[Assignment] For each line of the data below that contains "filename", return that line.

[Dataset records]
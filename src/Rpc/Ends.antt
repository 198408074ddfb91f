-- ===== src/Rpc/Ends.antt =====
-- What sending, timeouts and the end of a request keep (agent_rpc.py, `_request`).
use constella.Prelude.{
  or_right, or_left, true_not_false, none_not_some, ℕ, zero, suc, ◌≡◌, refl, sym, ap, subst, ◌∙◌,
  Bool, true, false, ◌&&◌, none, some, List, [], ◌∷◌, ◌++◌, Text, text_eq, text_eq-sym, any, length,
  get_elem?, inl, inr, ◌⊎◌, Bool-cases, Option-cases, eq_of_some,
}
use constella.Prelude.Dicts.{lookup}
use constella.Rpc.Broker.{Call, send_next, key_of_call, time_out, finish}
use constella.Rpc.Data.{
  key_eq→eq, pending_keys, Key, Future, cancelled, Broker, key_eq, is_waiting, pending_of,
  put_pending, pop_pending,
}
use constella.Rpc.Futures.{IsAt, Settles-settle}
use constella.Prelude.Keyed.{find-alter_other, find-pop_other, find-pop_self}
use constella.Rpc.Owned.{IsOwned, IsOwned-Settles, IsOwned-insert, sent_on-connection}

-- No request so far has this id: what `uuid.uuid4()` is relied on for.
abbrev pub IsFresh : Text → Broker → Type 0
IsFresh id b = any (λ f. text_eq f.key.request_id id) b.futures ≡ false

pub and_middle : (a b c : Bool) → b ≡ false → (a && b && c) ≡ false
and_middle true b c h = rw h refl
and_middle false b c h = refl

pub any-at :
    (p : Future → Bool) (i : ℕ) (f : Future) (fs : List Future)
    → any p fs ≡ false
    → IsAt i f fs
    → p f ≡ false
any-at p i f [] h here = absurd (none_not_some f here)
any-at p zero f (g ∷ fs) h here = ap p (sym (eq_of_some here)) ∙ or_left (p g) _ h
any-at p (suc i) f (g ∷ fs) h here = any-at p i f fs (or_right (p g) _ h) here

pub other_key :
    (call : Call) (id : Text) (b : Broker) (i : ℕ) (f : Future)
    → IsFresh id b
    → IsAt i f b.futures
    → key_eq (key_of_call call id) f.key ≡ false
other_key call id b i f fresh here =
    let differs = any-at (λ f. text_eq f.key.request_id id) i f b.futures fresh here in
    and_middle (text_eq call.node_id f.key.node_id) _ _ (text_eq-sym id f.key.request_id ∙ differs)

pub IsOwned-send_next : (node : Text) (b : Broker) → IsOwned b → IsOwned (send_next node b)
unfolding send_next
IsOwned-send_next node b ok = elim (Option-cases (lookup node b.connections)) [
  | inl missing ↦ simp missing ok
  | inr (c, found) ↦ simp found (IsOwned-insert node _ b (sent_on-connection node c b ok found) ok)
]

pub IsOwned-time_out : (i : ℕ) (b : Broker) → IsOwned b → IsOwned (time_out i b)
unfolding time_out
IsOwned-time_out i b ok = IsOwned-Settles b _ (Settles-settle i cancelled b.futures refl) ok

pub done_key :
    (i j : ℕ) (f g : Future) (b : Broker)
    → IsAt i f b.futures
    → is_waiting f.outcome ≡ false
    → IsOwned b
    → IsAt j g b.futures
    → is_waiting g.outcome ≡ true
    → key_eq f.key g.key ≡ false
done_key i j f g b here done ok there wait = elim (Bool-cases (key_eq f.key g.key)) [
  | inr other ↦ other
  | inl same ↦
      let place : i ≡ j = ok.unique i j f g here there (key_eq→eq f.key g.key same) in
      let it : f ≡ g = eq_of_some (sym here ∙ rw place there) in
      absurd (true_not_false (sym wait ∙ ap (λ (x : Future). is_waiting x.outcome) (sym it) ∙ done))
]

-- What is found after a key is taken out was there before.
pub pop_found :
    (k j : Key) (i : ℕ) (p : List (Key × ℕ))
    → pending_of j (pop_pending k p) ≡ some i
    → pending_of j p ≡ some i
pop_found k j i p found = elim (Bool-cases (key_eq k j)) [
  | inr other ↦ sym (find-pop_other k j p other) ∙ found
  | inl same ↦ absurd (
      none_not_some i (
        sym (
          subst (λ x. pending_of x (pop_pending k p) ≡ none) (key_eq→eq k j same)
            (find-pop_self k p))
        ∙ found))
]

pub put_pop_found :
    (k j : Key) (i h : ℕ) (p : List (Key × ℕ))
    → pending_of j (pop_pending k (put_pending k h p)) ≡ some i
    → pending_of j p ≡ some i
put_pop_found k j i h p found = elim (Bool-cases (key_eq k j)) [
  | inr other ↦
      sym (find-alter_other k j (λ o. h) p other) ∙ pop_found k j i (put_pending k h p) found
  | inl same ↦ absurd (
      none_not_some i (
        sym (
          subst (λ x. pending_of x (pop_pending k (put_pending k h p)) ≡ none) (key_eq→eq k j same)
            (find-pop_self k (put_pending k h p)))
        ∙ found))
]

pub IsOwned-pop :
    (i : ℕ) (f : Future) (b : Broker)
    → IsAt i f b.futures
    → is_waiting f.outcome ≡ false
    → IsOwned b
    → IsOwned (record b { pending = pop_pending f.key b.pending })
IsOwned-pop i f b here done ok = record {
  served = (λ j g there wait.
      let (c, at_node, own, key) = ok.served j g there wait in
      (
        c,
        at_node,
        own,
        find-pop_other f.key g.key b.pending (done_key i j f g b here done ok there wait) ∙ key,
      ));
  unique = ok.unique;
  named = (λ k j found. ok.named k j (pop_found f.key k j b.pending found));
}

pub IsOwned-finish : (i : ℕ) (b : Broker) → IsOwned b → IsOwned (finish i b)
unfolding finish
IsOwned-finish i b ok = elim (Option-cases (get_elem? b.futures i)) [
  | inl missing ↦ simp missing ok
  | inr (f, here) ↦ elim (Bool-cases (is_waiting f.outcome)) [
    | inl wait ↦ simp (here, wait) ok
    | inr done ↦ simp (here, done) (IsOwned-pop i f b here done ok)
  ]
]

-- The new request is at the end of the futures; the others are where they were.
pub IsAt-append_old :
    (fs : List Future) (n : Future) (i : ℕ) (f : Future) → IsAt i f fs → IsAt i f (fs ++ n ∷ [])
IsAt-append_old [] n i f here = absurd (none_not_some f here)
IsAt-append_old (g ∷ fs) n zero f here = here
IsAt-append_old (g ∷ fs) n (suc i) f here = IsAt-append_old fs n i f here

pub IsAt-append_new : (fs : List Future) (n : Future) → IsAt (length fs) n (fs ++ n ∷ [])
IsAt-append_new [] n = refl
IsAt-append_new (g ∷ fs) n = IsAt-append_new fs n

pub IsAt-append :
    (fs : List Future) (n : Future) (i : ℕ) (f : Future)
    → IsAt i f (fs ++ n ∷ [])
    → (IsAt i f fs) ⊎ ((i ≡ length fs) × (n ≡ f))
IsAt-append [] n zero f here = inr (refl, eq_of_some here)
IsAt-append [] n (suc i) f here = absurd (none_not_some f here)
IsAt-append (g ∷ fs) n zero f here = inl here
IsAt-append (g ∷ fs) n (suc i) f here = elim (IsAt-append fs n i f here) [
  | inl old ↦ inl old
  | inr (place, new) ↦ inr (ap suc place, new)
]
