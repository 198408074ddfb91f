-- ===== src/Rpc/Events.antt =====
-- What happens to the broker, one event at a time: the agents' connections, the requests and their
-- answers, and the tasks that wait (agent_rpc.py; app.py calls the methods).
use constella.Prelude.{ℕ, List, [], ◌∷◌, Text}
use constella.Rpc.Broker.{
  Call, register, unregister, start, send_next, resolve_account_lookup, resolve_restart, send_next,
  time_out, finish,
}
use constella.Rpc.Data.{Connection, Message, Broker}

pub data Event : Type 0 where
  joins : Text → Connection → Event
  leaves : Text → ℕ → Event
  asks : Call → Text → Event
  sends : Text → Event
  replies_lookup : Message → ℕ → Event
  replies_restart : Message → ℕ → Event
  expires : ℕ → Event
  resumes : ℕ → Event

unfoldable pub step : Event → Broker → Broker
step (joins node c) b = register node c b
step (leaves node c) b = unregister node c b
step (asks call request_id) b = (start call request_id b).1
step (sends node) b = send_next node b
step (replies_lookup m c) b = (resolve_account_lookup m c b).1
step (replies_restart m c) b = (resolve_restart m c b).1
step (expires i) b = time_out i b
step (resumes i) b = finish i b

unfoldable pub run : List Event → Broker → Broker
run [] b = b
run (e ∷ events) b = run events (step e b)
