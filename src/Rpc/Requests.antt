-- ===== src/Rpc/Requests.antt =====
-- Requests keep to their connections from start to end (agent_rpc.py, `_request`).
use constella.Prelude.{
  true_not_false, ℕ, ◌≡◌, refl, sym, ap, subst, ◌∙◌, true, false, some, [], ◌∷◌, ◌++◌, Text, length,
  inl, inr, Bool-cases, Option-cases, eq_of_some,
}
use constella.Prelude.Dicts.{lookup, insert, lookup-insert_self}
use constella.Rpc.Broker.{
  Call, key_of_call, sent, withdrawn, start, is_true, queue_full, start_on, request_of,
}
use constella.Rpc.Data.{
  key_eq→eq, key_eq_refl, pending_keys, Key, Connection, Future, waiting, Broker, key_eq,
  is_waiting, pending_of, put_pending,
}
use constella.Rpc.Futures.{IsAt}
use constella.Prelude.Keyed.{find-alter_self, find-alter_other, find-pop_other}
use constella.Rpc.Owned.{IsOwned, IsServed, IsOwned-insert, sent_on-connection}
use constella.Rpc.Ends.{
  IsFresh, other_key, put_pop_found, IsAt-append_old, IsAt-append_new, IsAt-append,
}

IsOwned-withdrawn :
    (call : Call) (id : Text) (b : Broker)
    → IsFresh id b
    → IsOwned b
    → IsOwned (withdrawn call id b)
IsOwned-withdrawn call id b fresh ok =
    let k = key_of_call call id in
    record {
      served = (λ i f here wait.
          let (c, at_node, own, key) = ok.served i f here wait in
          let other = other_key call id b i f fresh here in
          (
            c,
            at_node,
            own,
            find-pop_other k f.key _ other
                ∙ find-alter_other k f.key (λ o. length b.futures) b.pending other
                ∙ key,
          ));
      unique = ok.unique;
      named = (λ j i found. ok.named j i (put_pop_found k j i (length b.futures) b.pending found));
    }

-- The new future.
abbrev future_of : Call → Text → Connection → Future
future_of call id c = record {
  key = key_of_call call id;
  sent_on = c.connection_id;
  outcome = waiting;
}

abbrev added : Call → Text → Connection → Broker → Broker
added call id c b = record b {
  pending = put_pending (key_of_call call id) (length b.futures) b.pending;
  futures = b.futures ++ future_of call id c ∷ [];
}

added-IsServed :
    (call : Call) (id : Text) (c : Connection) (b : Broker)
    → IsFresh id b
    → lookup call.node_id b.connections ≡ some c
    → IsOwned b
    → (i : ℕ) (f : Future) → IsAt i f (added call id c b).futures
    → is_waiting f.outcome ≡ true
    → IsServed (added call id c b) i f
added-IsServed call id c b fresh found ok i f here wait =
    elim (IsAt-append b.futures (future_of call id c) i f here) [
      | inl old ↦
          let (d, at_node, own, key) = ok.served i f old wait in
          (
            d,
            at_node,
            own,
            find-alter_other (key_of_call call id) f.key (λ o. length b.futures) b.pending
                  (other_key call id b i f fresh old)
                ∙ key,
          )
      | inr (place, new) ↦ subst (IsServed (added call id c b) i) new (
        c,
        found,
        refl,
        find-alter_self (key_of_call call id) (λ o. length b.futures) b.pending
            ∙ ap (λ h. some h) (sym place),
      )
    ]

new_key :
    (call : Call) (id : Text) (c : Connection) (b : Broker) (i : ℕ) (f g : Future)
    → IsFresh id b
    → IsAt i f b.futures
    → future_of call id c ≡ g
    → g.key ≡ f.key
    → ⊥
new_key call id c b i f g fresh old new same =
    let keys : key_of_call call id ≡ f.key = ap (λ (x : Future). x.key) new ∙ same in
    true_not_false (
      sym (key_eq_refl f.key)
      ∙ subst (λ k. key_eq k f.key ≡ false) keys (other_key call id b i f fresh old))

added_unique :
    (call : Call) (id : Text) (c : Connection) (b : Broker)
    → IsFresh id b
    → IsOwned b
    → (i j : ℕ) (f g : Future) → IsAt i f (added call id c b).futures
    → IsAt j g (added call id c b).futures
    → f.key ≡ g.key
    → i ≡ j
added_unique call id c b fresh ok i j f g here there same =
    elim (IsAt-append b.futures (future_of call id c) i f here) [
      | inl old ↦ elim (IsAt-append b.futures (future_of call id c) j g there) [
        | inl old' ↦ ok.unique i j f g old old' same
        | inr (place, new) ↦ absurd (new_key call id c b i f g fresh old new (sym same))
      ]
      | inr (place, new) ↦ elim (IsAt-append b.futures (future_of call id c) j g there) [
        | inl old' ↦ absurd (new_key call id c b j g f fresh old' new same)
        | inr (place', new') ↦ place ∙ sym place'
      ]
    ]

added-named :
    (call : Call) (id : Text) (c : Connection) (b : Broker)
    → IsOwned b
    → (k : Key) (i : ℕ) → pending_of k (added call id c b).pending ≡ some i
    → (f : Future) × (IsAt i f (added call id c b).futures) × (f.key ≡ k)
added-named call id c b ok k i found = elim (Bool-cases (key_eq (key_of_call call id) k)) [
  | inl same ↦
      let keys = key_eq→eq (key_of_call call id) k same in
      let place : length b.futures ≡ i = eq_of_some (
        sym (
          subst (λ x. pending_of x (added call id c b).pending ≡ some (length b.futures)) keys
            (find-alter_self (key_of_call call id) (λ o. length b.futures) b.pending))
        ∙ found) in
      (
        future_of call id c,
        subst (λ h. IsAt h (future_of call id c) (added call id c b).futures) place
            (IsAt-append_new b.futures (future_of call id c)),
        keys,
      )
  | inr other ↦
      let (f, here, same) = ok.named k i (
        sym (find-alter_other (key_of_call call id) k (λ o. length b.futures) b.pending other)
        ∙ found) in
      (f, IsAt-append_old b.futures (future_of call id c) i f here, same)
]

IsOwned-sent :
    (call : Call) (id : Text) (c : Connection) (b : Broker)
    → IsFresh id b
    → lookup call.node_id b.connections ≡ some c
    → IsOwned b
    → IsOwned (sent call id c b)
IsOwned-sent call id c b fresh found ok =
    let queued = record c { send_queue = c.send_queue ++ request_of call id ∷ [] } in
    let b' = record b { connections = insert call.node_id queued b.connections } in
    let ok' =
      IsOwned-insert call.node_id queued b (sent_on-connection call.node_id c b ok found) ok in
    let found' = lookup-insert_self call.node_id queued b.connections in
    record {
      served = added-IsServed call id queued b' fresh found' ok';
      unique = added_unique call id queued b' fresh ok';
      named = added-named call id queued b' ok';
    }

pub IsOwned-start :
    (call : Call) (id : Text) (b : Broker) → IsFresh id b → IsOwned b → IsOwned (start call id b).1
unfolding start
IsOwned-start call id b fresh ok = elim (Option-cases (lookup call.node_id b.connections)) [
  | inl missing ↦ simp missing ok
  | inr (c, found) ↦ elim (Bool-cases (is_true (lookup call.capability c.capabilities))) [
    | inr unable ↦ simp (found, start_on, unable) ok
    | inl able ↦ elim (Bool-cases (queue_full c)) [
      | inl full ↦ simp (found, start_on, able, full) (IsOwned-withdrawn call id b fresh ok)
      | inr room ↦ simp (found, start_on, able, room) (IsOwned-sent call id c b fresh found ok)
    ]
  ]
]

[Exercise output]
filename src/Rpc/Ends.antt
filename src/Rpc/Requests.antt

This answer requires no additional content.